*** GIVEN DATA ***
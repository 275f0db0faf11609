-- ===== src/Statements/Tokens.antt =====
-- `CheckAltTokens` and `GetLineWidth` of lab5/cpplint.py.
use cs.Base.{
  has, ℕ, zero, suc, ◌+◌, ◌-◌, Bool, not, ◌||◌, Option, none, some, List, [], ◌∷◌, ◌++◌, Text,
  codes, lookup_or, text_eq, length, if◌then◌else◌,
}
use cs.Re.{Pattern, Found, ◌⨟◌, ◌∣∣◌, group, ahead, line_start, line_end, match_at, taken}
use cs.Re.Short.{chr, char_in, blanks, any_of, starts_at}
use cs.CleansedLines.{group_text}
use cs.Nolint.{Report}
use cs.LineChecks.{report}

-- `_ALT_TOKEN_REPLACEMENT`
abbrev pub alt_token_replacement : List (Text × Text)
alt_token_replacement =
    (codes "and", codes "&&")
    ∷ (codes "bitor", codes "|")
    ∷ (codes "or", codes "||")
    ∷ (codes "xor", codes "^")
    ∷ (codes "compl", codes "~")
    ∷ (codes "bitand", codes "&")
    ∷ (codes "and_eq", codes "&=")
    ∷ (codes "or_eq", codes "|=")
    ∷ (codes "xor_eq", codes "^=")
    ∷ (codes "not", codes "!")
    ∷ (codes "not_eq", codes "!=")
    ∷ []

-- `_ALT_TOKEN_REPLACEMENT_PATTERN`: `[ =()](…)(?=[ (]|$)`, with the keys for `…`.
unfoldable pub alt_token : Pattern
alt_token =
    char_in " =()"
    ⨟ group 1 (
        any_of (
          "and" ∷ "bitor" ∷ "or" ∷ "xor" ∷ "compl" ∷ "bitand" ∷ "and_eq" ∷ "or_eq" ∷ "xor_eq"
          ∷ "not" ∷ "not_eq" ∷ []))
    ⨟ ahead (char_in " (" ∣∣ line_end)

abbrev length_of : Option Found → ℕ
length_of none = 0
length_of (some f) = length f.whole

abbrev pub and_then : Option Found → List Found → List Found
and_then none fs = fs
and_then (some f) fs = f ∷ fs

-- `finditer`, of a pattern that does not match the empty text; `skip` characters belong to the
-- last match.
unfoldable pub find_all : Pattern → ℕ → Text → Text → List Found
unfolding taken
find_all m skip past [] = []
find_all m (suc skip) past (c ∷ rest) = find_all m skip (c ∷ past) rest
find_all m zero past (c ∷ rest) =
    let here = match_at m (record { past = past; rest = c ∷ rest; groups = [] }) in
    and_then here (find_all m (length_of here - 1) (c ∷ past) rest)

unfoldable pub report_tokens : ℕ → List Found → List Report
report_tokens linenum [] = []
report_tokens linenum (match ∷ rest) =
    let token = group_text match 1 in
    report linenum "readability/alt_tokens" 2 (
      codes "Use operator "
      ++ lookup_or [] token alt_token_replacement
      ++ codes " instead of "
      ++ token)
    ∷ report_tokens linenum rest

-- `CheckAltTokens`
unfoldable pub check_alt_tokens : ℕ → Text → List Report
unfolding alt_token find_all report_tokens
check_alt_tokens linenum line =
    if starts_at (line_start ⨟ blanks ⨟ chr b'#') line
    then []
    else if has line (codes "/*") || has line (codes "*/")
    then []
    else report_tokens linenum (find_all alt_token 0 [] line)

-- `GetLineWidth` of a Unicode string. What the module `unicodedata` says is a parameter: the
-- normal form NFC, a width that is W or F, and a combining character.
module _ (normalize : Text → Text) (is_wide combining : ℕ → Bool) where
  unfoldable pub total_width : Text → ℕ
  total_width [] = 0
  total_width (uc ∷ rest) =
      (if is_wide uc then 2 else if not (combining uc) then 1 else 0) + total_width rest

  unfoldable pub get_line_width : Text → ℕ
  unfolding total_width
  get_line_width line = total_width (normalize line)
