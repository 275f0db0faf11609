-- ===== src/Style.antt =====
-- `CheckStyle` of lab5/cpplint.py: the checks of a line's layout, and the calls of the others. A
-- check that calls `ParseNolintSuppressions` in between gives its calls in order.
mod Examples
pub mod Places
pub mod Angles
pub mod Blocks
pub mod Conditions
pub mod Bodies
pub mod Total
pub mod Run
use cs.Base.{
  has, ℕ, zero, suc, ◌-◌, ◌+◌, Bool, true, false, not, ◌&&◌, ◌||◌, Option, none, some, List, [],
  ◌∷◌, ◌++◌, map, Text, codes, text_eq, ◌==◌, nat_beq, ltb, length, is_space, starts_with, contains,
  nat_eq, show, find, count_text, reversed, if◌then◌else◌,
}
use cs.Re.{Pattern, one, ◌⨟◌, many, some_of, optional, group, line_start, line_end, is_digit}
use cs.Re.Short.{str, chr, char_in, blanks, word, anything, found, starts_at}
use cs.CleansedLines.{CleansedLines}
use cs.Statements.{LineCall, reported}
use cs.Nesting.{Block, Kind, class_info, NestingState, innermost_class}
use cs.Nolint.{Report}
use cs.LineChecks.{report, report_if}
use cs.LineChecks.Namespaces.{line_at}
use cs.Spacing.{check_spacing, check_comma_spacing}
use cs.Spacing.Calls.{check_parenthesis_spacing, check_spacing_for_function_call}
use cs.Spacing.Operators.{check_operator_spacing}
use cs.Spacing.Braces.{check_braces_spacing, check_section_spacing, get_previous_non_blank_line}
use cs.Statements.Braces.{check_braces}
use cs.Statements.Semicolons.{check_trailing_semicolon}
use cs.Statements.Bodies.{check_empty_block_body}
use cs.Statements.CheckMacros.{check_check}
use cs.Statements.Tokens.{check_alt_tokens}

-- `raw_lines[linenum - 1] if linenum > 0 else ''`
abbrev line_before : List Text → ℕ → Text
line_before lines zero = []
line_before lines (suc n) = line_at lines n

unfoldable pub initial_spaces : Text → ℕ
initial_spaces [] = 0
initial_spaces (c ∷ line) = if nat_beq c 32 then suc (initial_spaces line) else 0

-- `\s*\w+\s*:\s*\\?$`
unfoldable pub scope_or_label_pattern : Pattern
scope_or_label_pattern = blanks ⨟ word ⨟ blanks ⨟ chr b':' ⨟ blanks ⨟ optional (chr 92) ⨟ line_end

-- `[",=><] *$` and `^\s*""`
unfoldable pub weird_indent : CleansedLines → ℕ → Text → Bool
unfolding initial_spaces scope_or_label_pattern
weird_indent clean_lines linenum line =
    not (
      found (char_in "\",=><" ⨟ many (chr 32) ⨟ line_end)
        (line_before clean_lines.lines_without_raw_strings linenum))
    && (nat_beq (initial_spaces line) 1 || nat_beq (initial_spaces line) 3)
    && not (starts_at scope_or_label_pattern (line_at clean_lines.elided linenum))
    && not (
        not (line_at clean_lines.raw_lines linenum == line)
        && starts_at (line_start ⨟ blanks ⨟ str "\"\"") line)

abbrev begins_in_space : Text → Bool
begins_in_space [] = false
begins_in_space (c ∷ _) = is_space c

-- `line and line[-1].isspace()`
unfoldable pub ends_in_space : Text → Bool
ends_in_space line = begins_in_space (reversed line)

abbrev not_space : Pattern
not_space = one (λ c. not (is_space c))

-- `^\s*//.*http(s?)://\S*$`, `^\s*//\s*[^\s]*$` and `^// \$Id:.*#[0-9]+ \$$`
unfoldable pub may_be_long : Text → Bool
may_be_long line =
    starts_at
      (line_start
        ⨟ blanks
        ⨟ str "//"
        ⨟ anything
        ⨟ str "http"
        ⨟ group 1 (optional (chr b's'))
        ⨟ str "://"
        ⨟ many not_space
        ⨟ line_end)
      line
    || starts_at (line_start ⨟ blanks ⨟ str "//" ⨟ blanks ⨟ many not_space ⨟ line_end) line
    || starts_at
        (line_start
          ⨟ str "// $Id:"
          ⨟ anything
          ⨟ chr b'#'
          ⨟ some_of (one is_digit)
          ⨟ str " $"
          ⨟ line_end)
        line

-- The lines of a header guard, for the variable of a header, `none` for another file.
unfoldable pub is_header_guard : Option Text → Text → Bool
is_header_guard none line = false
is_header_guard (some cppvar) line =
    starts_with line (codes "#ifndef " ++ cppvar)
    || starts_with line (codes "#define " ++ cppvar)
    || starts_with line (codes "#endif  // " ++ cppvar)

unfoldable pub several_commands : Text → Text → Bool
several_commands cleansed_line before =
    ltb 1 (count_text (codes ";") cleansed_line)
    && not (has cleansed_line (codes "for"))
    && (not (has before (codes "for")) || has before (codes ";"))
    && not (
        (has cleansed_line (codes "case ") || has cleansed_line (codes "default:"))
        && has cleansed_line (codes "break;"))

abbrev check_class : CleansedLines → Option Block → ℕ → List Report
check_class clean_lines none linenum = []
check_class clean_lines (some b) linenum = elim b.kind [
  | class_info c ↦ check_section_spacing clean_lines.lines b.starting_linenum c.last_line linenum
  | _ ↦ []
]

-- The calls of several checks in turn. `none` stands for an IndexError in one of them.
abbrev pub then_events : Option (List LineCall) → Option (List LineCall) → Option (List LineCall)
then_events none _ = none
then_events (some first) none = none
then_events (some first) (some second) = some (first ++ second)

unfoldable pub in_turn : List (Option (List LineCall)) → Option (List LineCall)
in_turn [] = some []
in_turn (check ∷ checks) = then_events check (in_turn checks)

abbrev pub events : List Report → Option (List LineCall)
events reports = some (map reported reports)

abbrev pub events_of : Option (List Report) → Option (List LineCall)
events_of none = none
events_of (some reports) = events reports

module _ (width : Text → ℕ) (line_length : ℕ) where
  unfoldable pub is_too_long : Option Text → Text → Bool
  unfolding is_header_guard may_be_long
  is_too_long cppvar line =
      not (starts_with line (codes "#include"))
      && not (is_header_guard cppvar line)
      && not (may_be_long line)
      && ltb line_length (width line)

  -- The checks that `CheckStyle` makes itself.
  unfoldable pub check_layout : CleansedLines → ℕ → Option Text → List Report
  unfolding weird_indent ends_in_space is_too_long several_commands
  check_layout clean_lines linenum cppvar =
      let line = line_at clean_lines.lines_without_raw_strings linenum in
      report_if (contains line 9)
        (report linenum "whitespace/tab" 1 (codes "Tab found; better to use spaces"))
      ++ report_if (weird_indent clean_lines linenum line) (
          report linenum "whitespace/indent" 3
            (codes "Weird number of spaces at line-start.  Are you using a 2-space indent?"))
      ++ report_if (ends_in_space line) (
          report linenum "whitespace/end_of_line" 4
            (codes "Line ends in whitespace.  Consider deleting these extra spaces."))
      ++ report_if (is_too_long cppvar line) (
          report linenum "whitespace/line_length" 2
            (codes "Lines should be <= " ++ show line_length ++ codes " characters long"))
      ++ report_if
          (several_commands (line_at clean_lines.elided linenum)
            (get_previous_non_blank_line clean_lines.elided linenum).0)
          (report linenum "whitespace/newline" 0 (codes "More than one command on the same line"))

  -- `CheckStyle`, given the variable of the guard of a header (`GetHeaderGuardCPPVariable`).
  unfoldable pub check_style :
      CleansedLines → ℕ → Option Text → NestingState → Option (List LineCall)
  unfolding check_layout
  check_style clean_lines linenum cppvar nesting_state =
      let elided = clean_lines.elided in
      let line = line_at elided linenum in
      in_turn (
        events (check_layout clean_lines linenum cppvar)
        ∷ events_of (check_braces width line_length elided linenum)
        ∷ check_trailing_semicolon clean_lines linenum
        ∷ events_of (check_empty_block_body clean_lines linenum)
        ∷ events (check_spacing clean_lines nesting_state linenum)
        ∷ events_of (check_operator_spacing elided linenum)
        ∷ events (check_parenthesis_spacing linenum line)
        ∷ events (check_comma_spacing clean_lines linenum)
        ∷ events_of (check_braces_spacing elided nesting_state linenum)
        ∷ events (check_spacing_for_function_call linenum line)
        ∷ events_of (check_check elided linenum)
        ∷ events (check_alt_tokens linenum line)
        ∷ events (check_class clean_lines (innermost_class nesting_state.stack) linenum)
        ∷ [])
***
THE TASK: Quote, with nothing altered, all lines from the start of the entries to the line that carries "abbrev pub alt_token_replacement", inclusive.

RESPONSE FOR THIS EXERCISE:
repository 275f0db0faf11609
-- ===== src/Statements/Tokens.antt =====
-- `CheckAltTokens` and `GetLineWidth` of lab5/cpplint.py.
use cs.Base.{
  has, ℕ, zero, suc, ◌+◌, ◌-◌, Bool, not, ◌||◌, Option, none, some, List, [], ◌∷◌, ◌++◌, Text,
  codes, lookup_or, text_eq, length, if◌then◌else◌,
}
use cs.Re.{Pattern, Found, ◌⨟◌, ◌∣∣◌, group, ahead, line_start, line_end, match_at, taken}
use cs.Re.Short.{chr, char_in, blanks, any_of, starts_at}
use cs.CleansedLines.{group_text}
use cs.Nolint.{Report}
use cs.LineChecks.{report}

-- `_ALT_TOKEN_REPLACEMENT`
abbrev pub alt_token_replacement : List (Text × Text)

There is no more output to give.